Food Prices Hit Highest Level in Nearly Half a Century Amid Double Digit Inflation

A shopping trolley is seen at a supermarket in Manchester, Britain, March 22, 2023. The Un
Jon Super/Xinhua via Getty Images

Food prices in Britain have hit their highest level in nearly a half-century amid continued double-digit inflation, while wages fell yet again in real terms.

According to research conducted by the Office for National Statistics (ONS), the consumer prices index (CPI) remained in double digits at 10.1 per cent in March. The inflation rate — the highest in Western Europe — was slightly down from 10.4 per cent from the previous month, however, food prices remained high, hitting levels not seen in 45 years.

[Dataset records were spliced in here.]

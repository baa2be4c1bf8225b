-- ===== src/Reactor/Delivery/Tests.antt =====
-- Runs from an event to the tasks, and the theorems at inputs that meet their hypotheses.
use server_dev_lib.Base.{ℕ, ◌≡◌, refl, true, false, some, List, [], ◌∷◌, arith}
use server_dev_lib.Base.Map.{lookup}
use server_dev_lib.Base.Int.{pos, int_eq}
use server_dev_lib.Reactor.Channel.{Channel, Effect, notify_write_event}
use server_dev_lib.Reactor.Channel.Samples.{
  list_socket, list_socket-IsHonest, list_socket-Never, growing, open_channel,
}
use server_dev_lib.Reactor.Dispatcher.{Events}
use server_dev_lib.Reactor.Notification.{ReadyState}
use server_dev_lib.Reactor.Delivery.{Center, on_event, handle_ready, notify_response_ready}
use server_dev_lib.Reactor.Delivery.Handed.{
  IsKeyed, bytes_for, held, no_channels-IsKeyed, add-IsKeyed,
}
use server_dev_lib.Reactor.Delivery.Kept.{handle_hands}
use server_dev_lib.Reactor.Delivery.Refines.{handles, handle_ready-counts}
use server_dev_lib.Reactor.Delivery.Due.{has_due}
use server_dev_lib.Reactor.Notification.Pending.{times, count}
use server_dev_lib.Reactor.Delivery.Arrival.{arrival_lem, closing_loses}

abbrev readable : Events
readable = record { input = true; output = false; err = false; hup = false; rdhup = false }

-- One connection, with two bytes counted and a notification that is not yet handled.
abbrev busy : Center
busy = record {
  channels = (pos 7, open_channel) ∷ [];
  waiting = (pos 7, ReadyState.more) ∷ [];
  tasks = [];
}

busy-IsKeyed : IsKeyed busy.channels
busy-IsKeyed = add-IsKeyed (pos 7) open_channel [] refl no_channels-IsKeyed

-- An answer of the application is put behind what is to be sent; an unknown connection has none.
responds :
    ((notify_response_ready (pos 7) (1 ∷ []) busy).1 ≡ Effect.watch_out ∷ [])
    × (notify_response_ready (pos 8) (1 ∷ []) busy ≡ (busy, []))
unfolding notify_response_ready lookup notify_write_event
responds = (refl, refl)

arrival_lem_example :
    (c' : Channel) × (r' : Center) × (s' : List ℕ) × (on_event
        (list_socket false)
        growing
        9
        false
        false
        readable
        (pos 7)
        open_channel
        (3 ∷ 4 ∷ [])
        busy
      ≡ some (c', r', s'))
    × (bytes_for (pos 7) (handle_ready r').tasks ≡ 1 ∷ 1 ∷ 3 ∷ 4 ∷ [])
    × (s' ≡ [])
unfolding lookup bytes_for
arrival_lem_example =
    arrival_lem growing (list_socket-IsHonest false) 9 false false readable (pos 7) open_channel
      (3 ∷ 4 ∷ []) busy busy-IsKeyed refl refl refl refl (omega arith) (omega arith) (omega arith)
      (list_socket-Never false)

closing_loses_example :
    (c' : Channel) × (r' : Center) × (s' : List ℕ) × (on_event
        (list_socket true)
        growing
        9
        false
        false
        readable
        (pos 7)
        open_channel
        (3 ∷ 4 ∷ [])
        busy
      ≡ some (c', r', s'))
    × (bytes_for (pos 7) (handle_ready r').tasks ≡ [])
    × (s' ≡ [])
unfolding lookup bytes_for
closing_loses_example =
    closing_loses growing (list_socket-IsHonest true) 9 false false readable (pos 7) open_channel
      (3 ∷ 4 ∷ []) busy busy-IsKeyed refl refl refl refl (omega arith) (omega arith) (omega arith)
      (list_socket-Never true)

handle_hands_example :
    (c' : Channel) × (lookup (pos 7) (handle_ready busy).channels ≡ some c')
    × (bytes_for (pos 7) (handle_ready busy).tasks ≡ 1 ∷ 1 ∷ [])
    × (held c' ≡ [])
unfolding lookup bytes_for has_due
handle_hands_example = handle_hands (pos 7) open_channel busy busy-IsKeyed refl refl

handle_ready-counts_example :
    (times (pos 7) (handles (handle_ready busy).tasks) ≡ 1)
    × (count (lookup (pos 7) (handle_ready busy).waiting) ≡ 0)
unfolding lookup handles times count
handle_ready-counts_example = handle_ready-counts (pos 7) busy busy-IsKeyed (refl, tt)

According to the government statistician agency, the prices of bread and cereals were up 19.4 per cent in the year to March, the highest rate recorded on record since the government began tracking such figures in 1989. Meanwhile, the sharpest price increases were recorded among food items produced with olive oil which were up by 49 per cent on the year, followed by milk products at 38 per cent, and ready-made meals, which were up 21 per cent over last year, the BBC reported.

The annual rates for chocolate, confectionery, and hot beverages also all hit their highest levels on record.

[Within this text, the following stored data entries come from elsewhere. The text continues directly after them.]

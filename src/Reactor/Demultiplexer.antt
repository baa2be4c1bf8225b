-- ===== src/Reactor/Demultiplexer.antt =====
-- include/server/reactor/Demultiplexer.h: the epoll descriptor. What each system call returns is an
-- argument; the calls that are made are a trace.
mod Tests
use server_dev_lib.Base.{
  ℕ, ◌≡◌, refl, Bool, true, false, not, ◌||◌, Option, none, some, List, [], ◌∷◌, ◌++◌, ◌==◌,
  if◌then◌else◌, arith, Bool-cases, inl, inr, append_assoc,
}
use server_dev_lib.Base.Int.{ℤ, pos, negsuc, is_negative, eqb}

-- `event.data` of an event that is registered: the descriptor, or a pointer, known by a number.
pub data EventData : Type 0 where
  by_fd : ℤ → EventData
  by_pointer : ℕ → EventData

-- `epoll_ctl` with EPOLL_CTL_ADD, MOD or DEL, with the epoll descriptor first; `epoll_wait`; `close`.
pub data Call : Type 0 where
  ctl_add ctl_mod : ℤ → ℤ → ℕ → EventData → Call
  ctl_del : ℤ → ℤ → Call
  wait : ℤ → ℕ → Call
  close : ℤ → Call

pub record Demultiplexer : Type 0 where
  pub fd : ℤ
  pub events : ℕ
  pub calls : List Call

-- `Demultiplexer()`, where `epoll_create` returns `result` and `mask` is DEFAULT_EVENTS.
unfoldable pub create : ℕ → ℤ → Demultiplexer
create mask result = record { fd = result; events = mask; calls = [] }

-- `Valid()`: the descriptor as a truth value.
unfoldable pub is_valid : Demultiplexer → Bool
is_valid d = not (eqb d.fd (pos 0))

abbrev call : Call → Demultiplexer → Demultiplexer
call c d = record d { calls = d.calls ++ (c ∷ []) }

-- `GetEvents()` and `SetEvents(events)`
unfoldable pub get_events : Demultiplexer → ℕ
get_events d = d.events

unfoldable pub set_events : ℕ → Demultiplexer → Demultiplexer
set_events events d = record d { events = events }

-- `if ( data != nullptr ) event.data.ptr = data; else event.data.fd = fd;`
abbrev event_data : ℤ → Option ℕ → EventData
event_data fd none = EventData.by_fd fd
event_data fd (some p) = EventData.by_pointer p

-- `RegisterFd(fd, events, data)` and `ModifyEvent(fd, events, data)`, with none for a null pointer, where
-- `epoll_ctl` returns `result`
unfoldable pub register_with : ℤ → ℕ → Option ℕ → ℤ → Demultiplexer → ℤ × Demultiplexer
unfolding is_valid
register_with fd events p result d =
    if not (is_valid d) || is_negative fd
    then (negsuc 0, d)
    else (result, call (Call.ctl_add d.fd fd events (event_data fd p)) d)

unfoldable pub modify_with : ℤ → ℕ → Option ℕ → ℤ → Demultiplexer → ℤ × Demultiplexer
unfolding is_valid
modify_with fd events p result d =
    if not (is_valid d) || is_negative fd
    then (negsuc 0, d)
    else (result, call (Call.ctl_mod d.fd fd events (event_data fd p)) d)

-- `RegisterFd(fd, events)` and `RegisterFd(fd)`
unfoldable pub register_fd : ℤ → ℕ → ℤ → Demultiplexer → ℤ × Demultiplexer
unfolding is_valid register_with
register_fd fd events result d =
    if not (is_valid d) || is_negative fd
    then (negsuc 0, d)
    else register_with fd events none result d

unfoldable pub register_default : ℤ → ℤ → Demultiplexer → ℤ × Demultiplexer
unfolding is_valid register_with
register_default fd result d =
    if is_negative fd || not (is_valid d)
    then (negsuc 0, d)
    else register_with fd d.events none result d

-- `ModifyEvent(fd, events)` and `ModifyEvent(fd, data)`
unfoldable pub modify_event : ℤ → ℕ → ℤ → Demultiplexer → ℤ × Demultiplexer
unfolding is_valid modify_with
modify_event fd events result d =
    if not (is_valid d) || is_negative fd
    then (negsuc 0, d)
    else modify_with fd events none result d

unfoldable pub modify_pointer : ℤ → Option ℕ → ℤ → Demultiplexer → ℤ × Demultiplexer
unfolding is_valid modify_with
modify_pointer fd p result d =
    if not (is_valid d) || is_negative fd then (negsuc 0, d) else modify_with fd d.events p result d

-- `RemoveFd(fd)`
unfoldable pub remove_fd : ℤ → ℤ → Demultiplexer → ℤ × Demultiplexer
unfolding is_valid
remove_fd fd result d =
    if not (is_valid d) || is_negative fd
    then (negsuc 0, d)
    else (result, call (Call.ctl_del d.fd fd) d)

-- `WaitForEvents(events)`, for a vector of `size` events, where `epoll_wait` returns `result`
unfoldable pub wait_for_events : ℕ → ℤ → Demultiplexer → ℤ × Demultiplexer
unfolding is_valid
wait_for_events size result d =
    if not (is_valid d)
    then (d.fd, d)
    else (if size == 0 then (negsuc 0, d) else (result, call (Call.wait d.fd size) d))

-- `WaitForEvents(ptr)`
unfoldable pub wait_for_shared : ℕ → ℤ → Demultiplexer → ℤ × Demultiplexer
unfolding is_valid wait_for_events
wait_for_shared size result d =
    if not (is_valid d) then (d.fd, d) else wait_for_events size result d

-- `Shutdown()`, which the destructor calls too
unfoldable pub shutdown : Demultiplexer → Demultiplexer
unfolding is_valid
shutdown d = if not (is_valid d) then d else call (Call.close d.fd) d

-- A demultiplexer whose `epoll_create` failed counts as valid, and hands every descriptor that is not
-- negative to `epoll_ctl` on the negative one.
failed_create_is_used :
    (mask n events : ℕ) (fd result : ℤ)
    → is_negative fd ≡ false
    → let d = create mask (negsuc n) in
      (is_valid d ≡ true)
      × (register_fd fd events result d ≡ (
        result,
        record d { calls = Call.ctl_add (negsuc n) fd events (EventData.by_fd fd) ∷ [] },
      ))
unfolding create register_fd
failed_create_is_used mask n events fd result ok_fd = (refl, rw ok_fd refl)
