-- ===== src/Reactor/Demultiplexer/Tests.antt =====
-- Tests of Demultiplexer.h.
use server_dev_lib.Base.{◌≡◌, refl, some, [], ◌∷◌}
use server_dev_lib.Base.Int.{pos}
use server_dev_lib.Reactor.Demultiplexer.{
  Demultiplexer, Call, EventData, register_fd, register_default, modify_pointer, set_events,
  get_events, wait_for_shared, shutdown,
}

abbrev epoll : Demultiplexer
epoll = record { fd = pos 4; events = 1; calls = [] }

-- A descriptor is registered, and the epoll descriptor is closed.
traced :
    (shutdown (register_fd (pos 7) 5 (pos 0) epoll).1).calls
    ≡ Call.ctl_add (pos 4) (pos 7) 5 (EventData.by_fd (pos 7)) ∷ Call.close (pos 4) ∷ []
unfolding register_fd shutdown
traced = refl

-- The events of the demultiplexer, with a pointer in place of the descriptor.
traced_pointer :
    (modify_pointer
      (pos 7)
      (some 2)
      (pos 0)
      (register_default (pos 7) (pos 0) (set_events 9 epoll)).1).1.calls
    ≡ Call.ctl_add (pos 4) (pos 7) 9 (EventData.by_fd (pos 7))
      ∷ Call.ctl_mod (pos 4) (pos 7) 9 (EventData.by_pointer 2)
      ∷ []
unfolding modify_pointer register_default set_events
traced_pointer = refl

waits_shared :
    ((wait_for_shared 8 (pos 1) epoll).1.calls ≡ Call.wait (pos 4) 8 ∷ []) × (get_events epoll ≡ 1)
unfolding wait_for_shared get_events
waits_shared = (refl, refl)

The persistently high inflation, which was expected to fall to 9.8 per cent, was still down from the previous month and lower than the 41-year high of 11.1 per cent recorded in October. The decline to 10.1 per cent was attributed to a decline in gas prices from last year when the Russian invasion of Ukraine saw global prices spike, however, household gas and electricity prices remained high for British consumers.

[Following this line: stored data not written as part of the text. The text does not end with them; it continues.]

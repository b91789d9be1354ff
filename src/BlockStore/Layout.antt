-- ===== src/BlockStore/Layout.antt =====
-- The images in memory of `struct BlockHeader` (c++/src/core/block.hpp, 120 bytes) and
-- `struct TransactionInfo` (c++/src/core/transaction.hpp, 184 bytes) on a 64-bit machine.
use shifupool.Base.{
  ◌≡◌, refl, Bool, true, false, [], ◌∷◌, ◌++◌, Bytes, length, replicate, ltb, if◌then◌else◌,
}
use shifupool.Words.{le_bytes, of_le}
use shifupool.Helpers.{
  read_network_uint32, read_network_uint64, read_network_n_bytes, read-write_uint32,
  read-write_uint64, read-write_n_bytes,
}
use shifupool.Transaction.{TransactionInfo, IsTransactionInfo}
use shifupool.Block.{BlockHeader, IsBlockHeader}

unfoldable pub header_image : BlockHeader → Bytes
header_image b =
    le_bytes 4 b.id
    ++ (replicate 4 0
        ++ (le_bytes 8 b.timestamp
            ++ (le_bytes 4 b.difficulty
                ++ (le_bytes 4 b.num_transactions
                    ++ (b.last_block_hash ++ (b.merkle_root ++ (b.nonce ++ [])))))))

unfoldable pub header_of_image : Bytes → BlockHeader
header_of_image b0 =
    let (id, b1) = read_network_uint32 b0 in
    let (_, b2) = read_network_n_bytes 4 b1 in
    let (timestamp, b3) = read_network_uint64 b2 in
    let (difficulty, b4) = read_network_uint32 b3 in
    let (num_transactions, b5) = read_network_uint32 b4 in
    let (last_block_hash, b6) = read_network_n_bytes 32 b5 in
    let (merkle_root, b7) = read_network_n_bytes 32 b6 in
    let (nonce, b8) = read_network_n_bytes 32 b7 in
    record {
      id = id;
      timestamp = timestamp;
      difficulty = difficulty;
      num_transactions = num_transactions;
      last_block_hash = last_block_hash;
      merkle_root = merkle_root;
      nonce = nonce;
    }

unfoldable pub info_image : TransactionInfo → Bytes
info_image t =
    t.signature
    ++ (t.signing_key
        ++ (le_bytes 8 t.timestamp
            ++ (t.to
                ++ (t.from
                    ++ (replicate 6 0
                        ++ (le_bytes 8 t.amount
                            ++ (le_bytes 8 t.fee
                                ++ ((if t.is_transaction_fee then 1 else 0) ∷ replicate 7 0))))))))

unfoldable pub info_of_image : Bytes → TransactionInfo
info_of_image b0 =
    let (signature, b1) = read_network_n_bytes 64 b0 in
    let (signing_key, b2) = read_network_n_bytes 32 b1 in
    let (timestamp, b3) = read_network_uint64 b2 in
    let (to, b4) = read_network_n_bytes 25 b3 in
    let (from, b5) = read_network_n_bytes 25 b4 in
    let (_, b6) = read_network_n_bytes 6 b5 in
    let (amount, b7) = read_network_uint64 b6 in
    let (fee, b8) = read_network_uint64 b7 in
    let (flag, b9) = read_network_n_bytes 1 b8 in
    record {
      signature = signature;
      signing_key = signing_key;
      timestamp = timestamp;
      to = to;
      from = from;
      amount = amount;
      fee = fee;
      is_transaction_fee = ltb 0 (of_le 1 flag);
    }

pub header_of_image-header_image :
    (b : BlockHeader) → IsBlockHeader b → header_of_image (header_image b) ≡ b
unfolding header_of_image header_image
header_of_image-header_image b h =
    rw
      (
        read-write_uint32 b.id _ h.id_small,
        read-write_n_bytes 4 (replicate 4 0) _ refl,
        read-write_uint64 b.timestamp _ h.timestamp_small,
        read-write_uint32 b.difficulty _ h.difficulty_small,
        read-write_uint32 b.num_transactions _ h.count_small,
        read-write_n_bytes 32 b.last_block_hash _ h.last_block_hash_size.size,
        read-write_n_bytes 32 b.merkle_root _ h.merkle_root_size.size,
        read-write_n_bytes 32 b.nonce _ h.nonce_size.size,
      )
      refl

read_flag :
    (b : Bool)
    → ltb 0 (of_le 1 (read_network_n_bytes 1 ((if b then 1 else 0) ∷ replicate 7 0)).0) ≡ b
unfolding of_le read_network_n_bytes
read_flag true = refl
read_flag false = refl

-- A transaction as it is stored: of an info, also the sender has its size.
pub info_of_image-info_image :
    (t : TransactionInfo)
    → IsTransactionInfo t
    → length t.from ≡ 25
    → info_of_image (info_image t) ≡ t
unfolding info_of_image info_image
info_of_image-info_image t h from_size =
    rw
      (
        read-write_n_bytes 64 t.signature _ h.signature_size.size,
        read-write_n_bytes 32 t.signing_key _ h.key_size.size,
        read-write_uint64 t.timestamp _ h.timestamp_small,
        read-write_n_bytes 25 t.to _ h.to_size.size,
        read-write_n_bytes 25 t.from _ from_size,
        read-write_n_bytes 6 (replicate 6 0) _ refl,
        read-write_uint64 t.amount _ h.amount_small,
        read-write_uint64 t.fee _ h.fee_small,
        read_flag t.is_transaction_fee,
      )
      refl
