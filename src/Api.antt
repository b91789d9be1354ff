-- ===== src/Api.antt =====
-- c++/src/core/api.cpp: what a node asks other hosts for, and how it reads their answers. The requests
-- themselves and JSON are parameters: an answer is a body, or an exception. Sizes are below 2^31, where
-- `int` and `size_t` agree. `pingPeer`, which builds a JSON object, is not modelled.
pub mod Wire
use shifupool.Base.{
  ℕ, zero, suc, ◌+◌, ◌/◌, ◌==◌, List, [], ◌∷◌, Bytes, drop, length, ltb, if◌then◌else◌, Result,
  returned, threw, Exception,
}
use shifupool.Crypto.{Primitives}
use shifupool.Transaction.{
  Transaction, transaction_info_from_buffer, of_transaction_info, transaction_info_to_buffer,
  transactioninfo_buffer_size,
}
use shifupool.Transaction
use shifupool.Block.{
  Block, BlockHeader, block_header_from_buffer, block_header_to_buffer, blockheader_buffer_size,
  of_block_header,
}
use shifupool.Block
use shifupool.BlockStore.Layout.{info_image}

-- The paths that are asked for.
pub data Route : Type 0 where
  block_count total_work name mine gettx submit add_transaction verify_transaction : Route
  block : ℕ → Route
  sync block_headers : ℕ → ℕ → Route

-- The HTTP library, the text of numbers and JSON.
pub record Http (Json : Type 0) : Type 0 where
  pub get : Bytes → Route → Result Bytes
  pub post : Bytes → Route → Bytes → Result Bytes
  pub stoi : Bytes → Result ℕ
  pub bigint : Bytes → ℕ
  pub parse : Bytes → Result Json

-- the loop of `submitBlock` and of `sendTransactions`
unfoldable pub transactions_to_buffer : List Transaction → Bytes → Bytes
transactions_to_buffer [] buffer = buffer
transactions_to_buffer (t ∷ ts) buffer =
    transactions_to_buffer ts (transaction_info_to_buffer (Transaction.serialize t) buffer)

-- the bytes that `submitBlock` sends
unfoldable pub block_to_buffer : Block → Bytes
block_to_buffer b =
    transactions_to_buffer b.transactions (block_header_to_buffer (Block.serialize b) [])

module _ {Json : Type 0} (http : Http Json) where
  open http use {get, post, stoi, bigint, parse}

  -- An answer read as JSON.
  unfoldable pub parsed : Result Bytes → Result Json
  parsed (threw e) = threw e
  parsed (returned body) = parse body

  unfoldable pub get_current_block_count : Bytes → Result ℕ
  get_current_block_count host_url = elim (get host_url block_count) [
    | threw e ↦ threw e
    | returned body ↦ stoi body
  ]

  unfoldable pub get_total_work : Bytes → Result ℕ
  get_total_work host_url = elim (get host_url total_work) [
    | threw e ↦ threw e
    | returned body ↦ returned (bigint body)
  ]

  unfoldable pub get_name : Bytes → Result Bytes
  get_name host_url = get host_url name

  unfoldable pub get_block_data : Bytes → ℕ → Result Json
  get_block_data host_url idx = parsed (get host_url (block idx))

  unfoldable pub get_mining_problem : Bytes → Result Json
  get_mining_problem host_url = parsed (get host_url mine)

  unfoldable pub submit_block : Bytes → Block → Result Json
  submit_block host_url b = parsed (post host_url submit (block_to_buffer b))

  unfoldable pub send_transaction : Bytes → Transaction → Result Json
  send_transaction host_url t =
      parsed
        (post host_url add_transaction (transaction_info_to_buffer (Transaction.serialize t) []))

  unfoldable pub send_transactions : Bytes → List Transaction → Result Json
  send_transactions host_url ts =
      parsed (post host_url add_transaction (transactions_to_buffer ts []))

  -- The structure in memory is sent, not its image on the wire.
  unfoldable pub verify_transaction_at : Bytes → Transaction → Result Json
  verify_transaction_at host_url t =
      parsed (post host_url verify_transaction (info_image (Transaction.serialize t)))

-- `stale` is what the sender of a mining fee is left with. A read behind the end of the answer is
-- undefined.
module _ (p : Primitives) (stale : Bytes) where
  -- `count` transactions, and the bytes behind them
  unfoldable pub read_transactions : ℕ → Bytes → Result (List Transaction × Bytes)
  read_transactions zero curr = returned ([], curr)
  read_transactions (suc count) curr =
      let rest = read_transactions count (drop transactioninfo_buffer_size curr) in
      if ltb (length curr) transactioninfo_buffer_size
      then threw Exception.undefined_behaviour
      else elim rest [
        | threw e ↦ threw e
        | returned (ts, left) ↦
            returned (of_transaction_info stale (transaction_info_from_buffer p curr) ∷ ts, left)
      ]

  unfoldable pub parse_raw_transactions : Bytes → Result (List Transaction)
  parse_raw_transactions bytes =
      elim (read_transactions (length bytes / transactioninfo_buffer_size) bytes) [
        | threw e ↦ threw e
        | returned (ts, left) ↦ returned ts
      ]

  unfoldable pub read_headers : ℕ → Bytes → Result (List BlockHeader)
  read_headers zero curr = returned []
  read_headers (suc count) curr =
      let rest = read_headers count (drop blockheader_buffer_size curr) in
      if ltb (length curr) blockheader_buffer_size
      then threw Exception.undefined_behaviour
      else elim rest [
        | threw e ↦ threw e
        | returned headers ↦ returned (block_header_from_buffer curr ∷ headers)
      ]

  unfoldable pub parse_raw_headers : Bytes → Result (List BlockHeader)
  parse_raw_headers bytes = read_headers (length bytes / blockheader_buffer_size) bytes

  -- One round of the loop of `readRawBlocks`: a block, and the bytes behind it.
  unfoldable pub read_block : Bytes → Result (Block × Bytes)
  read_block curr =
      let b = block_header_from_buffer curr in
      if ltb (length curr) blockheader_buffer_size
      then threw Exception.undefined_behaviour
      else elim (read_transactions b.num_transactions (drop blockheader_buffer_size curr)) [
        | threw e ↦ threw e
        | returned (ts, left) ↦ returned (of_block_header b ts, left)
      ]

  -- `while (true)`: a block is read before the end is tested. The fuel is the number of blocks; each
  -- takes more than one byte.
  unfoldable pub read_blocks : ℕ → Bytes → Result (List Block)
  read_blocks zero curr = threw Exception.undefined_behaviour
  read_blocks (suc fuel) curr = elim (read_block curr) [
    | threw e ↦ threw e
    | returned (b, left) ↦
        let rest = read_blocks fuel left in
        if length left == 0
        then returned (b ∷ [])
        else elim rest [ threw e ↦ threw e | returned blocks ↦ returned (b ∷ blocks) ]
  ]

  unfoldable pub parse_raw_blocks : Bytes → Result (List Block)
  parse_raw_blocks bytes = read_blocks (length bytes + 1) bytes

  module _ {Json : Type 0} (http : Http Json) where
    unfoldable pub read_raw_headers : Bytes → ℕ → ℕ → Result (List BlockHeader)
    read_raw_headers host_url start_id end_id =
        elim (http.get host_url (block_headers start_id end_id)) [
          | threw e ↦ threw e
          | returned body ↦ parse_raw_headers body
        ]

    unfoldable pub read_raw_blocks : Bytes → ℕ → ℕ → Result (List Block)
    read_raw_blocks host_url start_id end_id = elim (http.get host_url (sync start_id end_id)) [
      | threw e ↦ threw e
      | returned body ↦ parse_raw_blocks body
    ]

    unfoldable pub read_raw_transactions : Bytes → Result (List Transaction)
    read_raw_transactions host_url = elim (http.get host_url gettx) [
      | threw e ↦ threw e
      | returned body ↦ parse_raw_transactions body
    ]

Commenting on the figures, ONS chief economist Grant Fitzner said: “The main drivers of the decline were motor fuel prices and heating oil costs, both of which fell after sharp rises at the same time last year.

“Clothing, furniture and household goods prices increased, but more slowly than a year ago. However, these were partially offset by the cost of food, which is still climbing steeply, with bread and cereal price inflation at a record high.

“The overall costs facing business have been largely stable since last summer, although prices remain high.”

Meanwhile, Britons have been feeling the inflationary crunch in their paychecks as well, with the average worker being essentially poorer than they were last year, according to the National Institute for Economic and Social Research.

The report found that real wages, which are calculated by comparing earnings with inflation, had fallen by 3 per cent in real terms over the previous year. Wage growth stood at 6.6 per cent in the three months leading up to February, however, this lagged behind the increase in the cost of living, resulting in an effective pay cut.

Public sector workers were the most impacted by inflation, according to the think tank, with their wages declining by an average of 3.5 per cent in real terms, compared to private sector workers at 2.8 per cent.

Despite this, there has been little movement from the dubiously-named Conservative government of Prime Minister Rishi Sunak to reduce the tax load levied on the public, which currently stands at the highest level since the Second World War.

Indeed, the Chancellor of the Exchequer — the top man at the treasury — Jeremy Hunt took Wednesday’s figures as confirmation that the government should double down on its high tax agenda.

“These figures reaffirm exactly why we must continue with our efforts to drive down inflation so we can ease pressure on families and businesses,” the neo-liberal finance chief said.